A judge who views "ordinary meaning" as limited to the most common sense or prototypical application of a given term might come down against insurance coverage—noting that 80% of the uses of "landscaping" refer to botanical improvements and observing in-ground trampoline work is predominantly (63%) referred to as "installation."

A judge who views "ordinary meaning" to extend to less common (but attested) senses might come down the other way—contending that the 20% rate of "landscaping" reference to non-botanical use is still substantial, as is the 33% use of "landscaping" to refer to in-ground trampoline work (particularly where "installation" may not be considered to compete with "landscaping" since installation work can be done by landscapers).

LLM AIs provide none of this authentic nuance or granular detail. They just give bottom-line conclusions and AI gloss.

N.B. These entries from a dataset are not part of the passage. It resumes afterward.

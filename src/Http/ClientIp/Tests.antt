-- ===== src/Http/ClientIp/Tests.antt =====
-- A forged header, and the theorems at it.
use miniflux.Base.{
  String, ◌≡◌, refl, Bool, not, none, some, List, [], ◌∷◌, ◌++◌, ◌==◌, nat_eq, string_eq,
}
use miniflux.Base.Text.{cut, split, trim_space}
use miniflux.Http.ClientIp.{answer, x_forwarded_for}
use miniflux.Http.ClientIp.Hops.{
  hops, last_untrusted, x_forwarded_for_forged, x_forwarded_for-last_untrusted,
}

abbrev is_proxy : String → Bool
is_proxy ip = ip == "10.0.0.1"

abbrev is_address : String → Bool
is_address ip = not (ip == "spoof")

-- The client writes "1.1.1.1", the proxy adds the client's own address.
abbrev values : List String
values = "9.9.9.9, 10.0.0.1" ∷ []

forged_header : x_forwarded_for is_proxy is_address ("1.1.1.1" ∷ values) ≡ "9.9.9.9"
unfolding x_forwarded_for split trim_space cut
forged_header = refl

x_forwarded_for_forged_example :
    x_forwarded_for is_proxy is_address (("1.1.1.1" ∷ []) ++ values)
    ≡ x_forwarded_for is_proxy is_address values
unfolding split trim_space
x_forwarded_for_forged_example =
    x_forwarded_for_forged is_proxy is_address ("1.1.1.1" ∷ []) values "9.9.9.9" refl

x_forwarded_for-last_untrusted_example :
    x_forwarded_for is_proxy is_address values
    ≡ elim (last_untrusted is_proxy is_address (hops values)) [
      | none ↦ ""
      | some hop ↦ answer is_proxy is_address hop
    ]
x_forwarded_for-last_untrusted_example = x_forwarded_for-last_untrusted is_proxy is_address values
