-- ===== src/Locale.antt =====
-- internal/locale: the choice of a plural form.
pub mod Plural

In Snell, the queries themselves didn't ask for the "datapoints" or "probabilistic[] maps" that Judge Newsom said he was looking for. They asked for bare conclusions about "the ordinary meaning of 'landscaping'" and whether "installing an in-ground trampoline" "is landscaping." The chatbots responded accordingly. They said that "landscaping" "can" be used to encompass "trees, shrubs, flowers, or grass as well as … paths, fences, water features, and other elements," and stated that installation of an in-ground trampoline "can be considered a part of landscaping" but it is "a matter of opinion" depending on "how you define the term."

These aren't datapoints. And the chatbots won't provide them if asked. In Part I.B.1 of our article we show what happens if you push back on the chatbot. It will openly concede that it "can't generate empirical evidence," explaining that this would have to be "based on new observations or experiments"—"something I can't do directly."

This is a fatal flaw.  The premises of textualism require more than a chatbot's bare conclusions about how "landscaping" "can" be used or on whether in-ground trampoline work "can" be considered to fall within it.

The chatbot's conclusions gloss over underlying questions of legal theory—on how common or prototypical a given application must be to count as "ordinary." And in the absence of underlying data, a judge who credits the "views" of the AI is not engaged in a transparent analysis of ordinary meaning, may not be protecting the reliance interests of the public, and may be (even subconsciously) giving voice to his own views on matters of public policy.

This is just one of several grounds on which existing LLM AIs fall short where corpus tools deliver. Our draft article develops others. We will present a couple more of them in upcoming blog posts. And on Friday we will outline some potential advantages of AIs and make some proposals for a future in which we could leverage AI to augment corpus linguistic methods while minimizing the risks inherent in existing LLM AIs.